Что ни дама, то всегда

треф,

подрукавная черна

масть.

Представляется валет:

«Лев»,

но левреточна его

пасть.

Вдрабадан напьётся мой

гном

и расплачется: «Прошу,

верь.

Дело, видишь ли, мой друг,

в том:

подыхает от тоски

зверь»…

Если мера, значит есть

«сверх».

Как мести, так из избы

сор.

Предыстория беды —

смех.

Подготовленный топор

скор.

По прогнозам: огурцов

таз,

а фактически – сплошной

хрен,

Никудышный я, видать,

ас:

самолётик мой даёт

крен…

Будем жить да коротать

век,

обустраивая свой

кров.

Хватит каждому голгоф,

мекк,

справедливости, любви,

слов.

антивосьмимартовское

То сгораем в аду, то по маковку снегом завалены.

Не спасает пред Богом сиянье златых куполов.

От небесного жара кресты в пупырях да окалине,

и рассеяно всяких дурёх по России полно.

На слонах да китах балансирует сфероподобное.

Держит палец на кнопке спокойный, седой исполин,

не давая зачахнуть планете, войною раздолбанной,

охраняя беспутных, наивных, смешных магдалин…

А когда я подохну (увы, непременно подохну) —

обручальное золото хитрый Сатурн приберёт

и мороз неожиданно выложит вензель на окнах:

«Соляными столбами по горло насытился Лот».

В том кольце неспроста зашифрована мудрость начальная:

всё однажды, я верю, вернётся на кру́ги своя.

И в решётке Вселенной, что ширится вглубь нескончаемо,

образуется,

выдержит,

выживет

наша семья.

ощущения

Это детство никогда не воро́тится:

растворилось в тишине навсегда.

Повзрослевшее лицо Богородицы

опечалилось по прошлым годам.

Где пути-дорожки – тропочки млечные:

бесконечность ожиданью подстать.

Вспоминая, пляшем в стужу от печки мы,

а желательно бы к печке плясать.

Если ангелы хитро́ морщат рожицы,

значит могут бесенята чихнуть.

Я не кожей – лягушачьей подкожицей

ощущаю одиночества суть.

Снова осень непогодою хмурится,

протоптали небо тучи-слоны.

Отразился в перевёртыше улицы

подзаветренный огрызок луны…

То тревога засосёт вдруг под ложечкой,

то судьба опять нажмёт на пробел.

Кто-то рад бы помереть, да неможется.

Кто-то рад бы, да не смог…

Не сумел.

привиделось

За шорохом мистики – явь геральдических снов

под этой старинной, потрёпанной веком подкладкой.

И шёпот из прошлого: «Герцогу тоже не сладко,

скорбит бедолага о сносах невинных голов»…

Ударив ногою по фалдам пурпурных гардин,

возникнет фарфоровый слон в половинчатом замке.

На фоне линялых ковров не вполне импозантно

потянется с хрустом.
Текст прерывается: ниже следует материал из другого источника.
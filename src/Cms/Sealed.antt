-- ===== src/Cms/Sealed.antt =====
-- cms/asn1/auth_enveloped_data_builder.rs: the sealing of a content for a list of recipients.
pub mod Built
pub mod Roundtrip
use qubitcrypt.Prelude.{String, Option, none, some, List, [], ◌∷◌}
use qubitcrypt.Outcome
use qubitcrypt.Outcome.{Bytes, Outcome, ok, ok_or, unknown}
use qubitcrypt.Effect.{Eff, pure, ◌>>=◌, map_error}
use qubitcrypt.Cea as Cea
use qubitcrypt.Cms.{Crypto, Recipient, AuthEnvelopedData}
use qubitcrypt.Cms.Kemri.{KemRecipientInfoBuilder, Oid, build}

pub data ContentEncryptionAlgorithmAead : Type 0 where
  aes128_gcm aes192_gcm aes256_gcm : ContentEncryptionAlgorithmAead

-- The constants of `const_oid` for these, as text.
pub record AeadOids : Type 0 where
  pub id_aes_128_gcm : String
  pub id_aes_192_gcm : String
  pub id_aes_256_gcm : String

-- `ContentEncryptionAlgorithmAead::oid`, then `to_string`.
unfoldable pub aead_oid : AeadOids → ContentEncryptionAlgorithmAead → String
aead_oid ids aes128_gcm = ids.id_aes_128_gcm
aead_oid ids aes192_gcm = ids.id_aes_192_gcm
aead_oid ids aes256_gcm = ids.id_aes_256_gcm

module _ {W R : Type 0} (e : Crypto W R) where
  -- A `Box<dyn RecipientInfoBuilder>`: the crate's own, or one of the `cms` crate as its `build`.
  pub data RecipientBuilder : Type 0 where
    kem : KemRecipientInfoBuilder e → RecipientBuilder
    foreign : (Bytes → Eff W (Recipient e.kems.der e.contents)) → RecipientBuilder

  unfoldable pub build_recipient :
      RecipientBuilder → Bytes → Eff W (Recipient e.kems.der e.contents)
  unfolding build
  build_recipient (kem b) cek = build e b cek
  build_recipient (foreign b) cek = b cek

  pub record AuthEnvelopedDataBuilder : Type 0 where
    pub content_id : Option (Oid e)
    pub originator_info : Option e.codecs.Originator
    pub recipient_infos : List RecipientBuilder
    pub unencrypted_content : Bytes
    pub content_encryption_algorithm : ContentEncryptionAlgorithmAead
    pub auth_attributes : Option e.codecs.Attributes
    pub unauth_attributes : Option e.codecs.Attributes

  -- `iter_mut().map(|ri| ri.build(&cek)).collect()`: it stops at the first error.
  unfoldable pub build_all :
      List RecipientBuilder → Bytes → Eff W (List (Recipient e.kems.der e.contents))
  unfolding build_recipient
  build_all [] cek = pure (ok [])
  build_all (b ∷ bs) cek = do
    ri ← build_recipient b cek
    ris ← build_all bs cek
    pure (ok (ri ∷ ris))

  -- The additional data: `match &self.auth_attributes { … }`.
  unfoldable pub additional_data : Option e.codecs.Attributes → Outcome (Option Bytes)
  additional_data none = ok none
  additional_data (some attrs) =
      Outcome.◌>>=◌ (ok_or unknown (e.codecs.encode_attributes attrs)) (λ der. ok (some der))

  abbrev pub content_oid : Option (Oid e) → Option String
  content_oid none = none
  content_oid (some oid) = some (e.kems.der.oid_to_string oid)

  -- The end of `build`, which puts the message together from the recipients, the tag and the content.
  unfoldable pub assemble :
      AuthEnvelopedDataBuilder
      → List (Recipient e.kems.der e.contents)
      → Bytes
      → Bytes
      → Outcome (AuthEnvelopedData e.kems.der e.contents e.codecs.Originator e.codecs.Attributes)
  assemble b ris tag content =
      Outcome.◌>>=◌ (ok_or unknown (e.codecs.recipient_infos ris)) (λ recip_infos.
        Outcome.◌>>=◌ (ok_or unknown (e.kems.der.octet_string tag)) (λ mac.
          Outcome.◌>>=◌ (ok_or unknown (e.contents.decode_content content)) (λ eci. ok (record {
            version = 0;
            originator_info = b.originator_info;
            recip_infos = recip_infos;
            auth_encrypted_content = eci;
            auth_attrs = b.auth_attributes;
            mac = mac;
            unauth_attrs = b.unauth_attributes;
          }))))

  -- What `build` does for a type: keys, encryption, recipients. The clearing of the content key at
  -- the end has no effect that is read.
  unfoldable pub seal_with :
      Cea.CeaType
      → AuthEnvelopedDataBuilder
      → Option Bytes
      → Eff W (AuthEnvelopedData e.kems.der e.contents e.codecs.Originator e.codecs.Attributes)
  unfolding Cea.key_gen Cea.nonce_gen Cea.encrypt build_all assemble
  seal_with cea b aad = do
    cek ← Cea.key_gen e.symm cea
    nonce ← Cea.nonce_gen e.symm cea
    out ←
        Cea.encrypt e.kems.der e.contents e.symm cea cek (some nonce) b.unencrypted_content aad
          (content_oid b.content_id)
    ris ← map_error unknown (build_all b.recipient_infos cek)
    pure (assemble b ris out.0 out.1)

  -- `AuthEnvelopedDataBuilder::build`.
  unfoldable pub seal :
      AeadOids
      → AuthEnvelopedDataBuilder
      → Eff W (AuthEnvelopedData e.kems.der e.contents e.codecs.Originator e.codecs.Attributes)
  unfolding additional_data aead_oid Cea.from_oid Cea.new seal_with
  seal ids b = do
    aad ← pure (additional_data b.auth_attributes)
    cea_type ← pure (ok_or unknown (Cea.from_oid (aead_oid ids b.content_encryption_algorithm)))
    cea ← pure (Cea.new cea_type)
    seal_with cea b aad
Вздохнёт, что остался один.

А шестеро братьев… Какие таскают столбы?

 

В каких государствах катают причудливость шара?

Одна лишь надежда: в Египте предложат кошары.

Но что им Египет? В Калькутте не хуже бобы.

Измерив площадку паденья канатным жгутом,

на место пророчества кинем ватин да солому.

А кто на щите? В основном всю войну под столом мы,

в тиши будуаров салонных поём не о том.

И снова за ту же подкладку проникнет стилет.

И снова в крови родовые щиты и доспехи…

Достанется сладкое детям, мужьям – на орехи…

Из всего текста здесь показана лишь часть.